Down to the last line, repeat the records exactly.

Collected data entries
# # # # #

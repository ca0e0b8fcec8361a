-- ===== src/Actor/Registry/Laws.antt =====
-- `sta_registry_register` as an update of the map, with growth where the table is full.
use smalltalk_a_vm.Prelude.{
  Bool, ◌⊎◌, refl, ℕ, ◌*◌, ◌%◌, ◌^◌, ◌≤◌, ◌<◌, ◌≡◌, ◌≢◌, ap, ◌∙◌, arith, true, false, ◌||◌, some,
  ◌==◌, if◌then◌else◌, inl, inr, Bool-cases,
}
use smalltalk_a_vm.Actor.Registry.{
  Registry, entry_empty, entry_tombstone, register, registry_rehash, needs_grow, lookup, retained,
}
use smalltalk_a_vm.Actor.Registry.Invariant.{IsValid, actor_in}
use smalltalk_a_vm.Actor.Registry.Growth.{registry_rehash-IsValid, live-le-load}
use smalltalk_a_vm.Actor.Registry.Insert.{insert_into-Updated}
use smalltalk_a_vm.Actor.Registry.Answers.{Answers-of_content}

roomy_slack :
    (reg : Registry) → IsValid reg → needs_grow reg ≡ false → reg.used * 10 < reg.capacity * 7
unfolding needs_grow
roomy_slack reg v h = ground arith

grown_slack :
    (reg : Registry)
    → IsValid reg
    → reg.capacity ≤ 2 ^ 28
    → let r = registry_rehash reg (reg.capacity * 2 % 2 ^ 32) in r.used * 10 < r.capacity * 7
unfolding registry_rehash
grown_slack reg v grows = omega (arith, v.counted, v.loaded, live-le-load reg.entries)

full_load :
    (reg : Registry) → IsValid reg → needs_grow reg ≡ true → reg.capacity * 7 ≤ reg.used * 10
unfolding needs_grow
full_load reg v h = ground arith

-- Registering an actor that is not NULL under an id that is no sentinel always ends and keeps the
-- invariant. Where the table is at 70 percent and there is no memory for a wider one, the actor is
-- dropped and the registry is as it was. Elsewhere a lookup of the id returns the actor from then
-- on, with its reference count raised, and a lookup of any other id returns what it did. The
-- capacity is at most 2^28, so that it can still double.
pub register-lookup :
    (reg : Registry) (memory : Bool) (id actor : ℕ)
    → IsValid reg
    → reg.capacity ≤ 2 ^ 28
    → id ≢ entry_empty
    → id ≢ entry_tombstone
    → actor ≢ 0
    → (reg' : Registry) × (register reg memory id actor ≡ some reg')
      × IsValid reg'
      × (((memory ≡ false) × (reg.capacity * 7 ≤ reg.used * 10) × (reg' ≡ reg))
          ⊎ (((memory ≡ true) ⊎ (reg.used * 10 < reg.capacity * 7))
              × ((j : ℕ) (refcounts : ℕ → ℕ)
                  → lookup reg' refcounts j ≡ (
                      if j == id
                      then some (actor, retained refcounts actor)
                      else lookup reg refcounts j))))
unfolding register
register-lookup reg memory id actor v grows a b real = elim (Bool-cases (needs_grow reg)) [
  | inr roomy ↦
      let slack = roomy_slack reg v roomy in
      let (reg', e, u) = insert_into-Updated reg id actor v slack a b in
      (
        reg',
        rw (pass, roomy) e,
        u.valid,
        inr (
          inr slack,
          Answers-of_content reg reg' id actor v u.valid (ap actor_in u.here) u.elsewhere,
        ),
      )
  | inl full ↦ elim (Bool-cases memory) [
    | inr poor ↦ (reg, rw (pass, full, poor) refl, v, inl (poor, full_load reg v full, refl))
    | inl rich ↦
        let r = registry_rehash reg (reg.capacity * 2 % 2 ^ 32) in
        let (v2, same) = registry_rehash-IsValid reg v grows in
        let (reg', e, u) = insert_into-Updated r id actor v2 (grown_slack reg v grows) a b in
        (
          reg',
          rw (pass, full, rich) e,
          u.valid,
          inr (
            inl rich,
            Answers-of_content reg reg' id actor v u.valid (ap actor_in u.here)
                (λ j ne. u.elsewhere j ne ∙ same j),
          ),
        )
  ]
]
  where
    pass : (actor == 0 || id == entry_empty || id == entry_tombstone) ≡ false
    pass = ground arith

# # # # #

*Task solution:*
repository ca0e0b8fcec8361a
-- ===== src/Actor/Registry/Laws.antt =====
-- `sta_registry_register` as an update of the map, with growth where the table is full.
use smalltalk_a_vm.Prelude.{
  Bool, ◌⊎◌, refl, ℕ, ◌*◌, ◌%◌, ◌^◌, ◌≤◌, ◌<◌, ◌≡◌, ◌≢◌, ap, ◌∙◌, arith, true, false, ◌||◌, some,
  ◌==◌, if◌then◌else◌, inl, inr, Bool-cases,
}
use smalltalk_a_vm.Actor.Registry.{
  Registry, entry_empty, entry_tombstone, register, registry_rehash, needs_grow, lookup, retained,
}
use smalltalk_a_vm.Actor.Registry.Invariant.{IsValid, actor_in}
use smalltalk_a_vm.Actor.Registry.Growth.{registry_rehash-IsValid, live-le-load}
use smalltalk_a_vm.Actor.Registry.Insert.{insert_into-Updated}
use smalltalk_a_vm.Actor.Registry.Answers.{Answers-of_content}

roomy_slack :
    (reg : Registry) → IsValid reg → needs_grow reg ≡ false → reg.used * 10 < reg.capacity * 7
unfolding needs_grow
roomy_slack reg v h = ground arith

grown_slack :
    (reg : Registry)
    → IsValid reg
    → reg.capacity ≤ 2 ^ 28
    → let r = registry_rehash reg (reg.capacity * 2 % 2 ^ 32) in r.used * 10 < r.capacity * 7
unfolding registry_rehash
grown_slack reg v grows = omega (arith, v.counted, v.loaded, live-le-load reg.entries)

full_load :
    (reg : Registry) → IsValid reg → needs_grow reg ≡ true → reg.capacity * 7 ≤ reg.used * 10
unfolding needs_grow
full_load reg v h = ground arith

-- Registering an actor that is not NULL under an id that is no sentinel always ends and keeps the
-- invariant. Where the table is at 70 percent and there is no memory for a wider one, the actor is
-- dropped and the registry is as it was. Elsewhere a lookup of the id returns the actor from then
-- on, with its reference count raised, and a lookup of any other id returns what it did. The
-- capacity is at most 2^28, so that it can still double.
pub register-lookup :
    (reg : Registry) (memory : Bool) (id actor : ℕ)
    → IsValid reg
    → reg.capacity ≤ 2 ^ 28
    → id ≢ entry_empty
    → id ≢ entry_tombstone
    → actor ≢ 0
    → (reg' : Registry) × (register reg memory id actor ≡ some reg')
      × IsValid reg'
      × (((memory ≡ false) × (reg.capacity * 7 ≤ reg.used * 10) × (reg' ≡ reg))
          ⊎ (((memory ≡ true) ⊎ (reg.used * 10 < reg.capacity * 7))
              × ((j : ℕ) (refcounts : ℕ → ℕ)
                  → lookup reg' refcounts j ≡ (
                      if j == id
                      then some (actor, retained refcounts actor)
                      else lookup reg refcounts j))))
unfolding register
register-lookup reg memory id actor v grows a b real = elim (Bool-cases (needs_grow reg)) [
  | inr roomy ↦
      let slack = roomy_slack reg v roomy in
      let (reg', e, u) = insert_into-Updated reg id actor v slack a b in
      (
        reg',
        rw (pass, roomy) e,
        u.valid,
        inr (
          inr slack,
          Answers-of_content reg reg' id actor v u.valid (ap actor_in u.here) u.elsewhere,
        ),
      )
  | inl full ↦ elim (Bool-cases memory) [
    | inr poor ↦ (reg, rw (pass, full, poor) refl, v, inl (poor, full_load reg v full, refl))
    | inl rich ↦
        let r = registry_rehash reg (reg.capacity * 2 % 2 ^ 32) in
        let (v2, same) = registry_rehash-IsValid reg v grows in
        let (reg', e, u) = insert_into-Updated r id actor v2 (grown_slack reg v grows) a b in
        (
          reg',
          rw (pass, full, rich) e,
          u.valid,
          inr (
            inl rich,
            Answers-of_content reg reg' id actor v u.valid (ap actor_in u.here)
                (λ j ne. u.elsewhere j ne ∙ same j),
          ),
        )
  ]
]
  where
    pass : (actor == 0 || id == entry_empty || id == entry_tombstone) ≡ false
    pass = ground arith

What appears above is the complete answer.